[[ The data open ]]

-- ===== src/File/Attributes/Laws.antt =====
-- Which modes `needsModeOrOwnershipChange` asks for.
use sophons.Os.{Os}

[[ The data closed ]]

Reproduce all of the data above, exactly and without omission.

-- ===== src/File/Attributes/Laws.antt =====
-- Which modes `needsModeOrOwnershipChange` asks for.
use sophons.Os.{Os}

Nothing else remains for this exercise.